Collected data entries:
○ ○ ○ ○ ○

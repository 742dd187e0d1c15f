-- ===== src/Scan.antt =====
-- The read-only scan of bench/perfil_dataset.py: `varrer_arvore` with its state `Varredura`, the
-- entries that `listar_dir` returns, and `motivo_de`. The file system is a finite tree.
pub mod Stack
pub mod Induction
pub mod Files
pub mod Counts
pub mod Ends
mod Tests
use mathlib.Core.Logic.{ite}
use native.Mathlib.Decide.{ℕ_discrete}
use engine_motor.Prelude.{
  ℕ, zero, suc, ◌+◌, ◌-◌, Bool, true, false, not, ◌&&◌, ◌||◌, Option, none, some, List, [], ◌∷◌,
  ◌++◌, length, get_elem?, ltb, leb, ◌==◌, if◌then◌else◌,
}

abbrev pub Nome : Type 0
Nome = List ℕ

-- The error numbers that the source names, and every other.
pub data Errno : Type 0 where
  eacces eperm enoent eloop enxio eisdir enotdir eio emfile enfile : Errno
  outro : ℕ → Errno

-- The reasons for which an entry is left out.
pub data Motivo : Type 0 where
  sem_permissao_leitura removido_durante_leitura link_simbolico nao_regular erro_io : Motivo
  muitos_arquivos_abertos sem_permissao_diretorio erro_stat profundidade_maxima : Motivo
  outro_dispositivo hardlink_repetido : Motivo
  erro : ℕ → Motivo

pub Motivo-discrete : Discrete Motivo
Motivo-discrete = hlevel ℕ_discrete

-- `MOTIVOS_ERRNO.get(e.errno, "erro_" + ...)`.
unfoldable pub motivo_de : Errno → Motivo
motivo_de eacces = sem_permissao_leitura
motivo_de eperm = sem_permissao_leitura
motivo_de enoent = removido_durante_leitura
motivo_de eloop = link_simbolico
motivo_de enxio = nao_regular
motivo_de eisdir = nao_regular
motivo_de enotdir = nao_regular
motivo_de eio = erro_io
motivo_de emfile = muitos_arquivos_abertos
motivo_de enfile = muitos_arquivos_abertos
motivo_de (outro n) = erro n

-- The test on `e.errno` that `entrar` and the loop share.
unfoldable pub motivo_diretorio : Errno → Motivo
unfolding motivo_de
motivo_diretorio eacces = sem_permissao_diretorio
motivo_diretorio eperm = sem_permissao_diretorio
motivo_diretorio e = motivo_de e

-- What `lstat` says of a file.
pub record Stat : Type 0 where
  pub st_dev : ℕ
  pub st_ino : ℕ
  pub st_nlink : ℕ
  pub st_size : ℕ
  pub st_mtime_ns : ℕ

-- The tree as the scan meets it: entries by name, the five types of `listar_dir`, and directories
-- that cannot be opened (`denied`) or listed (`unlisted`).
mutual
  pub data Entry : Type 0 where
    link other fails : Entry
    file : Stat → Entry
    dir : ℕ → Dir → Entry

  pub data Dir : Type 0 where
    denied unlisted : Errno → Dir
    listed : Entries → Dir

  pub data Entries : Type 0 where
    end : Entries
    entry : Nome → Entry → Entries → Entries

-- The fields of `Arq` that the scan fills.
pub record Arq : Type 0 where
  pub i : ℕ
  pub did : ℕ
  pub nome : Nome
  pub tam : ℕ
  pub mtime : ℕ
  pub dev : ℕ
  pub ino : ℕ

pub record Ignorado : Type 0 where
  pub motivo : Motivo
  pub caminho : List Nome
  pub tam : Option ℕ

-- `Varredura`, with the set `vistos` and the number of descriptors that the scan holds open.
pub record Varredura : Type 0 where
  pub arquivos : List Arq
  pub dirs : List (ℕ × Nome)
  pub ignorados : Motivo → ℕ
  pub ign_lista : List Ignorado
  pub truncada : Bool
  pub nomes_invalidos : ℕ
  pub dirs_inacessiveis : ℕ
  pub vistos : List (ℕ × ℕ)
  pub abertos : ℕ

-- A frame of `pilha`: the directory, its depth, and the subdirectories that are still to be entered.
pub record Quadro : Type 0 where
  pub did : ℕ
  pub prof : ℕ
  pub subdirs : List (Nome × Dir)

-- `Varredura()`: the root has parent -1 in the source, which nothing reads; here 0.
abbrev pub inicial : Varredura
inicial = record {
  arquivos = [];
  dirs = (0, []) ∷ [];
  ignorados = λ m. 0;
  ign_lista = [];
  truncada = false;
  nomes_invalidos = 0;
  dirs_inacessiveis = 0;
  vistos = [];
  abertos = 0;
}

-- The loop of `caminho`; a parent stands before its child, so `did` rounds are enough.
pub caminho_loop : List (ℕ × Nome) → ℕ → ℕ → List Nome → List Nome
caminho_loop dirs zero did partes = partes
caminho_loop dirs (suc fuel) zero partes = partes
caminho_loop dirs (suc fuel) (suc did) partes = elim (get_elem? dirs (suc did)) [
  | none ↦ partes
  | some (pai, n) ↦ caminho_loop dirs fuel pai (n ∷ partes)
]

-- `v.caminho(did, nome)`, as the parts that the source joins by "/".
unfoldable pub caminho : List (ℕ × Nome) → ℕ → Nome → List Nome
unfolding caminho_loop
caminho dirs did nome = caminho_loop dirs did did [] ++ nome ∷ []

abbrev pub increment : Motivo → (Motivo → ℕ) → Motivo → ℕ
increment m c k = c k + ite (Motivo-discrete k m) 1 0

unfoldable pub ignorar : Motivo → ℕ → Nome → Option ℕ → Varredura → Varredura
ignorar m did nome tam v = record v {
  ignorados = increment m v.ignorados;
  ign_lista =
      v.ign_lista ++ record { motivo = m; caminho = caminho v.dirs did nome; tam = tam } ∷ [];
}

-- `chave in vistos`.
unfoldable pub visto : ℕ → ℕ → List (ℕ × ℕ) → Bool
visto dev ino [] = false
visto dev ino ((d, n) ∷ vs) = (d == dev && n == ino) || visto dev ino vs

-- The arguments of `varrer_arvore`, the device of the root, and the test behind
-- `nome.decode("utf-8")`.
pub record Opcoes : Type 0 where
  pub max_arquivos : ℕ
  pub prof_max : ℕ
  pub mesmo_dispositivo : Bool
  pub dev_raiz : ℕ
  pub utf8 : Nome → Bool

module _ (o : Opcoes) where
  -- `nome.decode("utf-8")` and the append.
  unfoldable pub juntar : ℕ → Nome → Stat → Varredura → Varredura
  juntar did nome st v = record v {
    nomes_invalidos = if o.utf8 nome then v.nomes_invalidos else suc v.nomes_invalidos;
    arquivos =
        v.arquivos
        ++ record {
          i = length v.arquivos;
          did = did;
          nome = nome;
          tam = st.st_size;
          mtime = st.st_mtime_ns;
          dev = st.st_dev;
          ino = st.st_ino;
        }
          ∷ [];
  }

  -- The branch of `entrar` for a regular file.
  unfoldable pub arquivo : ℕ → Nome → Stat → Varredura → Varredura
  unfolding juntar ignorar visto
  arquivo did nome st v =
      if not (o.max_arquivos == 0) && leb o.max_arquivos (length v.arquivos)
      then record v { truncada = true }
      else if ltb 1 st.st_nlink
      then (if visto st.st_dev st.st_ino v.vistos
          then ignorar hardlink_repetido did nome (some st.st_size) v
          else juntar did nome st (record v { vistos = (st.st_dev, st.st_ino) ∷ v.vistos }))
      else juntar did nome st v

  -- The branch of `entrar` for a directory.
  unfoldable pub subdiretorio :
      Nome → ℕ → Dir → ℕ → ℕ → List (Nome × Dir) → Varredura → List (Nome × Dir) × Varredura
  unfolding ignorar
  subdiretorio nome dev d did prof subs v =
      if ltb o.prof_max (prof + 1)
      then (subs, ignorar profundidade_maxima did nome none v)
      else if o.mesmo_dispositivo && not (dev == o.dev_raiz)
      then (subs, ignorar outro_dispositivo did nome none v)
      else (subs ++ (nome, d) ∷ [], v)

  -- `for nome, tipo, st in ents`, with the subdirectories so far.
  unfoldable pub entradas :
      Entries → ℕ → ℕ → List (Nome × Dir) → Varredura → List (Nome × Dir) × Varredura
  unfolding arquivo ignorar subdiretorio
  entradas end did prof subs v = (subs, v)
  entradas (entry nome link es) did prof subs v =
      entradas es did prof subs (ignorar link_simbolico did nome none v)
  entradas (entry nome other es) did prof subs v =
      entradas es did prof subs (ignorar nao_regular did nome none v)
  entradas (entry nome fails es) did prof subs v =
      entradas es did prof subs (ignorar erro_stat did nome none v)
  entradas (entry nome (file st) es) did prof subs v =
      entradas es did prof subs (arquivo did nome st v)
  entradas (entry nome (dir dev d) es) did prof subs v =
      let (subs', v') = subdiretorio nome dev d did prof subs v in entradas es did prof subs' v'

  -- The parent and the name of a directory that could not be listed.
  unfoldable pub ilegivel : Errno → ℕ → Varredura → Varredura
  unfolding ignorar motivo_diretorio
  ilegivel e did v =
      let v' = record v { dirs_inacessiveis = suc v.dirs_inacessiveis; abertos = v.abertos - 1 } in
      elim (get_elem? v.dirs did) [
        | none ↦ v'
        | some (pai, n) ↦ ignorar (motivo_diretorio e) pai n none v'
      ]

  -- `entrar(did, fd, prof)` on an open descriptor: it is closed at once if the listing fails, and
  -- goes to the stack with its frame otherwise.
  unfoldable pub entrar : Dir → ℕ → ℕ → List Quadro → Varredura → List Quadro × Varredura
  unfolding entradas ilegivel
  entrar (denied e) did prof pilha v = (pilha, ilegivel e did v)
  entrar (unlisted e) did prof pilha v = (pilha, ilegivel e did v)
  entrar (listed es) did prof pilha v =
      let (subs, v') = entradas es did prof [] v in
      (record { did = did; prof = prof; subdirs = subs } ∷ pilha, v')

  -- One round of `while pilha`: the next subdirectory of the frame on top, or its end.
  unfoldable pub passo :
      Quadro → List Quadro → List (Nome × Dir) → Varredura → List Quadro × Varredura
  unfolding entrar ignorar motivo_diretorio
  passo fr resto [] v = (resto, record v { abertos = v.abertos - 1 })
  passo fr resto ((nome, denied e) ∷ subs) v = (
    record fr { subdirs = subs } ∷ resto,
    ignorar (motivo_diretorio e) fr.did nome none
        (record v { dirs_inacessiveis = suc v.dirs_inacessiveis }),
  )
  passo fr resto ((nome, d) ∷ subs) v =
      entrar d (length v.dirs) (fr.prof + 1) (record fr { subdirs = subs } ∷ resto)
        (record v { dirs = v.dirs ++ (fr.did, nome) ∷ []; abertos = suc v.abertos })

  -- The loop; `none` means that the fuel ran out.
  unfoldable pub rodar : ℕ → List Quadro → Varredura → Option Varredura
  unfolding passo
  rodar zero pilha v = none
  rodar (suc fuel) [] v = some v
  rodar (suc fuel) (fr ∷ resto) v =
      let (pilha', v') = passo fr resto fr.subdirs v in rodar fuel pilha' v'

  unfoldable pub varrer_arvore : ℕ → Dir → Option Varredura
  unfolding rodar entrar
  varrer_arvore fuel raiz =
      let (pilha, v) = entrar raiz 0 0 [] (record inicial { abertos = 1 }) in rodar fuel pilha v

○ ○ ○ ○ ○

Exercise goal: Using the records above, filter out every line that lacks the string "Bool" and copy the rest.

Exercise response:
  ℕ, zero, suc, ◌+◌, ◌-◌, Bool, true, false, not, ◌&&◌, ◌||◌, Option, none, some, List, [], ◌∷◌,
  pub truncada : Bool
unfoldable pub visto : ℕ → ℕ → List (ℕ × ℕ) → Bool
  pub mesmo_dispositivo : Bool
  pub utf8 : Nome → Bool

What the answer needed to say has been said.